In the entries that follow, find every line containing "caller" and copy it.

Extracted records:
▬▬▬▬▬▬▬▬▬▬
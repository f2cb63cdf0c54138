-- ===== src/Prelude/Sectors.antt =====
-- Buffers of sectors cut at a sector boundary, and a transformation of their first sectors.
use Prim.Native.Nat.{ℕ, zero, suc, ◌+◌, ◌-◌, ◌*◌, ◌≤◌}
use mathlib.Core.Path.{◌≡◌, sym, ap, ◌∙◌}
use mathlib.Core.List.{List, ◌++◌, append_assoc}
use native.Mathlib.Omega.{arith}
use volumecrypt_kit.Prelude.Tests.{ltb, if◌then◌else◌}
use volumecrypt_kit.Prelude.Lists.{take, drop, take-append_exact, drop-append_exact}
use volumecrypt_kit.Prelude.Bytes.{IsSector, gather, length-gather, gather_cong}

-- `n` sectors are `k` sectors and the rest.
pub gather-append :
    (k m : ℕ) (f : ℕ → List ℕ) → gather k f ++ gather m (λ i. f (k + i)) ≡ gather (k + m) f
gather-append zero m f =
    gather_cong m (λ i. f (0 + i)) f (λ i _. ap f (let e : 0 + i ≡ i = omega arith in e))
    ∙ ap (λ (n : ℕ). gather n f) (let e : m ≡ 0 + m = omega arith in e)
gather-append (suc k) m f =
    append_assoc (f 0) (gather k (λ i. f (suc i))) (gather m (λ i. f (suc k + i)))
    ∙ ap (λ r. f 0 ++ (gather k (λ i. f (suc i)) ++ r))
        (gather_cong m (λ i. f (suc k + i)) (λ i. f (suc (k + i)))
          (λ i _. ap f (let e : suc k + i ≡ suc (k + i) = omega arith in e)))
    ∙ ap (λ r. f 0 ++ r) (gather-append k m (λ i. f (suc i)))
    ∙ ap (λ (n : ℕ). gather n f) (let e : suc (k + m) ≡ suc k + m = omega arith in e)

module _ (ss n k : ℕ) (f : ℕ → List ℕ) (whole : (i : ℕ) → IsSector ss (f i)) (le : k ≤ n) where
  gather_parts : gather n f ≡ gather k f ++ gather (n - k) (λ i. f (k + i))
  gather_parts =
      ap (λ (m : ℕ). gather m f) (let e : n ≡ k + (n - k) = omega arith in e)
      ∙ sym (gather-append k (n - k) f)

  pub take-gather : take (k * ss) (gather n f) ≡ gather k f
  take-gather =
      ap (take (k * ss)) gather_parts
      ∙ take-append_exact (k * ss) (gather k f) (gather (n - k) (λ i. f (k + i)))
          (length-gather ss k f whole)

  pub drop-gather : drop (k * ss) (gather n f) ≡ gather (n - k) (λ i. f (k + i))
  drop-gather =
      ap (drop (k * ss)) gather_parts
      ∙ drop-append_exact (k * ss) (gather k f) (gather (n - k) (λ i. f (k + i)))
          (length-gather ss k f whole)

-- Transforming the first `k` of `n` sectors.
pub gather_first :
    (n k : ℕ) (f g : ℕ → List ℕ)
    → k ≤ n
    → gather k g ++ gather (n - k) (λ i. f (k + i)) ≡ gather n (λ i. if ltb i k then g i else f i)
gather_first n k f g le =
    ap (λ r. r ++ gather (n - k) (λ i. f (k + i)))
      (gather_cong k g (λ i. if ltb i k then g i else f i) (λ i lt. ground arith))
    ∙ ap (λ r. gather k (λ i. if ltb i k then g i else f i) ++ r)
        (gather_cong (n - k) (λ i. f (k + i)) (λ i. if ltb (k + i) k then g (k + i) else f (k + i))
          (λ i lt. ground arith))
    ∙ gather-append k (n - k) (λ i. if ltb i k then g i else f i)
    ∙ ap (λ (m : ℕ). gather m (λ i. if ltb i k then g i else f i))
        (let e : k + (n - k) ≡ n = omega arith in e)
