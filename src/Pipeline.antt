-- ===== src/Pipeline.antt =====
-- lib/windrv/src/crypto/pipeline.rs: the part of a buffer below the boundary is decrypted or
-- encrypted, the rest is left as it is.
use volumecrypt_kit.Prelude.{
  ℕ, zero, suc, ◌+◌, ◌-◌, ◌*◌, ◌/◌, ◌≤◌, ◌<◌, min, ◌≡◌, refl, inl, inr, Bool-cases, ap, ◌∙◌, List,
  ◌++◌, arith, length, take, drop, ltb, leb, lt→ltb, if◌then◌else◌,
}
use native.Mathlib.Nat.{mul-div_cancel}
use volumecrypt_kit.Prelude.Bytes.{IsSector, gather, length-gather, gather_cong}
use volumecrypt_kit.Prelude.Sectors.{take-gather, drop-gather, gather_first}
use volumecrypt_kit.Cipher.{VolumeCipher, IsCipher}

-- How many of the `total` sectors from `first_rel` on lie below the boundary.
unfoldable pub crypto_count : ℕ → ℕ → ℕ → ℕ
crypto_count first_rel boundary total =
    if leb boundary first_rel then 0 else min (boundary - first_rel) total

-- The cipher's area function on the first `n` sectors, if there are any.
unfoldable pub on_prefix : (List ℕ → ℕ → ℕ → List ℕ) → ℕ → List ℕ → ℕ → ℕ → List ℕ
on_prefix area n buf ss first_rel =
    if ltb 0 n then area (take (n * ss) buf) ss first_rel ++ drop (n * ss) buf else buf

unfoldable pub decrypt_read : VolumeCipher → ℕ → ℕ → List ℕ → ℕ → List ℕ
unfolding crypto_count on_prefix
decrypt_read c first_rel boundary buf ss =
    on_prefix c.decrypt_area (crypto_count first_rel boundary (length buf / ss)) buf ss first_rel

unfoldable pub encrypt_write : VolumeCipher → ℕ → ℕ → List ℕ → ℕ → List ℕ
unfolding crypto_count on_prefix
encrypt_write c first_rel boundary buf ss =
    on_prefix c.encrypt_area (crypto_count first_rel boundary (length buf / ss)) buf ss first_rel

module _ (ss first_rel boundary n : ℕ) (f : ℕ → List ℕ) (whole : (i : ℕ) → IsSector ss (f i))
    (pos : 0 < ss) (area : List ℕ → ℕ → ℕ → List ℕ) (each : ℕ → List ℕ → List ℕ)
    (area_each : (m : ℕ)
      → area (gather m f) ss first_rel ≡ gather m (λ i. each (first_rel + i) (f i))) where
  abbrev below : ℕ → List ℕ
  below i = if ltb (first_rel + i) boundary then each (first_rel + i) (f i) else f i

  crypto_count-le : crypto_count first_rel boundary n ≤ n
  unfolding crypto_count
  crypto_count-le = ground arith

  crypto_count-ltb :
      (i : ℕ) → i < n → ltb i (crypto_count first_rel boundary n) ≡ ltb (first_rel + i) boundary
  unfolding crypto_count
  crypto_count-ltb i lt = ground arith

  on_prefix-gather :
      (k : ℕ)
      → k ≤ n
      → ((i : ℕ) → i < n → ltb i k ≡ ltb (first_rel + i) boundary)
      → on_prefix area k (gather n f) ss first_rel ≡ gather n below
  unfolding on_prefix
  on_prefix-gather zero le same = gather_cong n f below (λ i lt. ground (arith, same i lt))
  on_prefix-gather (suc k) le same = rw (lt→ltb 0 (suc k) (omega arith)) (
      ap (λ b. area b ss first_rel ++ drop (suc k * ss) (gather n f))
        (take-gather ss n (suc k) f whole le)
      ∙ ap (λ b. area (gather (suc k) f) ss first_rel ++ b) (drop-gather ss n (suc k) f whole le)
      ∙ ap (λ b. b ++ gather (n - suc k) (λ i. f (suc k + i))) (area_each (suc k))
      ∙ gather_first n (suc k) f (λ i. each (first_rel + i) (f i)) le
      ∙ gather_cong n (λ i. if ltb i (suc k) then each (first_rel + i) (f i) else f i) below
          (λ i lt. rw (same i lt)))

  -- Sector `i` of the buffer is transformed exactly when it lies below the boundary.
  on_prefix_lem :
      on_prefix area
        (crypto_count first_rel boundary (length (gather n f) / ss))
        (gather n f)
        ss
        first_rel
      ≡ gather n below
  on_prefix_lem =
      rw (length-gather ss n f whole, mul-div_cancel n pos)
        (on_prefix-gather (crypto_count first_rel boundary n) crypto_count-le crypto_count-ltb)

module _ (c : VolumeCipher) (ss : ℕ) (ci : IsCipher c ss) (first_rel boundary n : ℕ)
    (f : ℕ → List ℕ) (whole : (i : ℕ) → IsSector ss (f i)) (pos : 0 < ss) where
  -- Of a buffer of whole sectors, the pipeline decrypts exactly the sectors below the boundary,
  -- each at its own number, and leaves the others as they are.
  pub decrypt_read-gather :
      decrypt_read c first_rel boundary (gather n f) ss
      ≡ gather n (λ i.
        if ltb (first_rel + i) boundary then c.decrypt_sector (first_rel + i) (f i) else f i)
  unfolding decrypt_read
  decrypt_read-gather =
      on_prefix_lem ss first_rel boundary n f whole pos c.decrypt_area c.decrypt_sector
        (λ m. ci.decrypt_area_each m first_rel f whole)

  -- Of a buffer of whole sectors, the pipeline encrypts exactly the sectors below the boundary,
  -- each at its own number, and leaves the others as they are.
  pub encrypt_write-gather :
      encrypt_write c first_rel boundary (gather n f) ss
      ≡ gather n (λ i.
        if ltb (first_rel + i) boundary then c.encrypt_sector (first_rel + i) (f i) else f i)
  unfolding encrypt_write
  encrypt_write-gather =
      on_prefix_lem ss first_rel boundary n f whole pos c.encrypt_area c.encrypt_sector
        (λ m. ci.encrypt_area_each m first_rel f whole)

-- A buffer that is encrypted on its way down and decrypted on its way up.
module _ (c : VolumeCipher) (ss : ℕ) (ci : IsCipher c ss) (first_rel boundary n : ℕ)
    (f : ℕ → List ℕ) (whole : (i : ℕ) → IsSector ss (f i)) (pos : 0 < ss) where
  abbrev below_encrypted : ℕ → List ℕ
  below_encrypted i =
      if ltb (first_rel + i) boundary then c.encrypt_sector (first_rel + i) (f i) else f i

  below_encrypted-IsSector : (i : ℕ) → IsSector ss (below_encrypted i)
  below_encrypted-IsSector i = elim (Bool-cases (ltb (first_rel + i) boundary)) [
    | inl below ↦ rw below (ci.encrypt_whole (first_rel + i) (f i) (whole i))
    | inr above ↦ rw above (whole i)
  ]

  restored :
      (i : ℕ)
      → (if ltb (first_rel + i) boundary
          then c.decrypt_sector (first_rel + i) (below_encrypted i)
          else below_encrypted i)
        ≡ f i
  restored i = elim (Bool-cases (ltb (first_rel + i) boundary)) [
    | inl below ↦ rw below (ci.decrypt-encrypt (first_rel + i) (f i) (whole i))
    | inr above ↦ rw above refl
  ]

  -- Of a buffer of whole sectors, the pipeline encrypts, on a write, and decrypts, on a read,
  -- exactly the sectors below the boundary, each at its own number, and leaves the others as they
  -- are; and decrypting what it has encrypted gives the buffer back.
  pub decrypt_read-encrypt_write :
      (encrypt_write c first_rel boundary (gather n f) ss
        ≡ gather n (λ i.
          if ltb (first_rel + i) boundary then c.encrypt_sector (first_rel + i) (f i) else f i))
      × (decrypt_read c first_rel boundary (gather n f) ss
          ≡ gather n (λ i.
            if ltb (first_rel + i) boundary then c.decrypt_sector (first_rel + i) (f i) else f i))
      × (decrypt_read c first_rel boundary (encrypt_write c first_rel boundary (gather n f) ss) ss
          ≡ gather n f)
  decrypt_read-encrypt_write =
      let down = encrypt_write-gather c ss ci first_rel boundary n f whole pos in
      (
        down,
        decrypt_read-gather c ss ci first_rel boundary n f whole pos,
        ap (λ buf. decrypt_read c first_rel boundary buf ss) down
            ∙ decrypt_read-gather c ss ci first_rel boundary n below_encrypted
                below_encrypted-IsSector pos
            ∙ gather_cong n
                (λ i.
                  if ltb (first_rel + i) boundary
                  then c.decrypt_sector (first_rel + i) (below_encrypted i)
                  else below_encrypted i)
                f (λ i _. restored i),
      )
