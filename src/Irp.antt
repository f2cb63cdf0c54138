-- ===== src/Irp.antt =====
-- lib/windrv/src/filter/volume_thread.rs: how one READ or WRITE request is processed. What the
-- kernel decides (mapping the buffer, allocating the copy) is part of the request.
pub mod Transfer
pub mod Read
pub mod Write
use volumecrypt_kit.Prelude.{
  ℕ, ◌*◌, ◌/◌, ◌<◌, Bool, true, false, ◌&&◌, ◌||◌, Option, none, some, List, [], take, not, ltb,
  ◌==◌, ◌≡◌, arith, if◌then◌else◌,
}
use volumecrypt_kit.Error.{VckResult, ok, err}
use volumecrypt_kit.Device.{SectorIo}
use volumecrypt_kit.Cipher.{VolumeCipher}
use volumecrypt_kit.Pipeline.{decrypt_read, encrypt_write}
use volumecrypt_kit.Engine.{data_relative}
use volumecrypt_kit.Volume.{AttachedVolume, offset_sector, data_sectors, burst_cipher}

pub data Status : Type 0 where
  success unsuccessful cancelled access_denied pending : Status

-- `content` is the caller's buffer: what a WRITE is to write.
pub record Request : Type 0 where
  pub is_write : Bool
  pub byte_offset : ℕ
  pub byte_length : ℕ
  pub content : List ℕ
  pub mapped : Bool
  pub allocated : Bool

-- `read_bytes` is what a READ has copied to the caller's buffer.
pub record Completion : Type 0 where
  pub status : Status
  pub information : ℕ
  pub read_bytes : List ℕ

abbrev pub completed : Status → ℕ → List ℕ → Completion
completed s n bytes = record { status = s; information = n; read_bytes = bytes }

-- The first sector and the boundary, when the range that starts at `first_lba` needs crypto.
unfoldable pub crypto_range : AttachedVolume → ℕ → Option (ℕ × ℕ)
unfolding data_relative offset_sector data_sectors
crypto_range v first_lba = elim (data_relative (offset_sector v) (data_sectors v) first_lba) [
  | none ↦ none
  | some first_rel ↦
      if ltb 0 v.encrypted_boundary && ltb first_rel v.encrypted_boundary
      then some (first_rel, v.encrypted_boundary)
      else none
]

-- The cipher of the burst, acquired when it is first needed.
unfoldable pub get_pipeline : Option VolumeCipher → AttachedVolume → Option VolumeCipher
unfolding burst_cipher
get_pipeline (some c) v = some c
get_pipeline none v = burst_cipher v

-- A buffer run through the pipeline, and the cipher that the burst holds afterwards.
unfoldable pub transform :
    (VolumeCipher → ℕ → ℕ → List ℕ → ℕ → List ℕ)
    → Option VolumeCipher
    → AttachedVolume
    → ℕ
    → List ℕ
    → List ℕ × Option VolumeCipher
unfolding crypto_range get_pipeline
transform run burst v first_lba buf = elim (crypto_range v first_lba) [
  | none ↦ (buf, burst)
  | some (first_rel, boundary) ↦ elim (get_pipeline burst v) [
    | none ↦ (buf, none)
    | some c ↦ (run c first_rel boundary buf v.sector_size, some c)
  ]
]

-- What the whole sectors of a request amount to, in bytes.
unfoldable pub io_len : AttachedVolume → Request → ℕ
io_len v q = q.byte_length / v.sector_size * v.sector_size

unfoldable pub first_lba : AttachedVolume → Request → ℕ
first_lba v q = q.byte_offset / v.sector_size

module _ {W : Type 0} (sio : SectorIo W) where
  abbrev pub Outcome : Type 0
  Outcome = Completion × (Option VolumeCipher × W)

  -- The tests that a READ and a WRITE begin with: no whole sector, no buffer, no memory.
  unfoldable pub with_buffer :
      AttachedVolume → Option VolumeCipher → Request → W → (W → Outcome) → Outcome
  with_buffer v burst q w body =
      if v.sector_size == 0 || q.byte_length == 0
      then (completed success 0 [], (burst, w))
      else if q.byte_length / v.sector_size == 0
      then (completed success 0 [], (burst, w))
      else if not q.mapped
      then (completed unsuccessful 0 [], (burst, w))
      else if not q.allocated
      then (completed unsuccessful 0 [], (burst, w))
      else body w

  unfoldable pub finish_read :
      AttachedVolume → Request → Option VolumeCipher → VckResult (List ℕ) → W → Outcome
  finish_read v q burst (err _) w = (completed unsuccessful 0 [], (burst, w))
  finish_read v q burst (ok frag) w =
      let (out, burst') = transform decrypt_read burst v (first_lba v q) frag in
      (completed success (io_len v q) out, (burst', w))

  unfoldable pub process_read : AttachedVolume → Option VolumeCipher → Request → W → Outcome
  process_read v burst q w = with_buffer v burst q w λ w0.
      let (r, w') = sio.read_sectors (first_lba v q) (io_len v q) w0 in finish_read v q burst r w'

  unfoldable pub finish_write :
      AttachedVolume → Request → Option VolumeCipher → VckResult (Unit {0}) → W → Outcome
  finish_write v q burst (err _) w = (completed unsuccessful 0 [], (burst, w))
  finish_write v q burst (ok _) w = (completed success (io_len v q) [], (burst, w))

  unfoldable pub process_write : AttachedVolume → Option VolumeCipher → Request → W → Outcome
  process_write v burst q w = with_buffer v burst q w λ w0.
      let (buf, burst') =
        transform encrypt_write burst v (first_lba v q) (take (io_len v q) q.content) in
      let (r, w') = sio.write_sectors (first_lba v q) buf w0 in finish_write v q burst' r w'

  unfoldable pub process_irp : AttachedVolume → Option VolumeCipher → Request → W → Outcome
  unfolding process_read process_write
  process_irp v burst q w =
      if q.is_write then process_write v burst q w else process_read v burst q w

  pub process_irp-write :
      (v : AttachedVolume) (burst : Option VolumeCipher) (q : Request) (w : W)
      → q.is_write ≡ true
      → process_irp v burst q w ≡ process_write v burst q w
  unfolding process_irp
  process_irp-write v burst q w writes = ground arith

  pub process_irp-read :
      (v : AttachedVolume) (burst : Option VolumeCipher) (q : Request) (w : W)
      → q.is_write ≡ false
      → process_irp v burst q w ≡ process_read v burst q w
  unfolding process_irp
  process_irp-read v burst q w reads = ground arith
▬▬▬▬▬▬▬▬▬▬
• [Your response]
-- `content` is the caller's buffer: what a WRITE is to write.
-- `read_bytes` is what a READ has copied to the caller's buffer.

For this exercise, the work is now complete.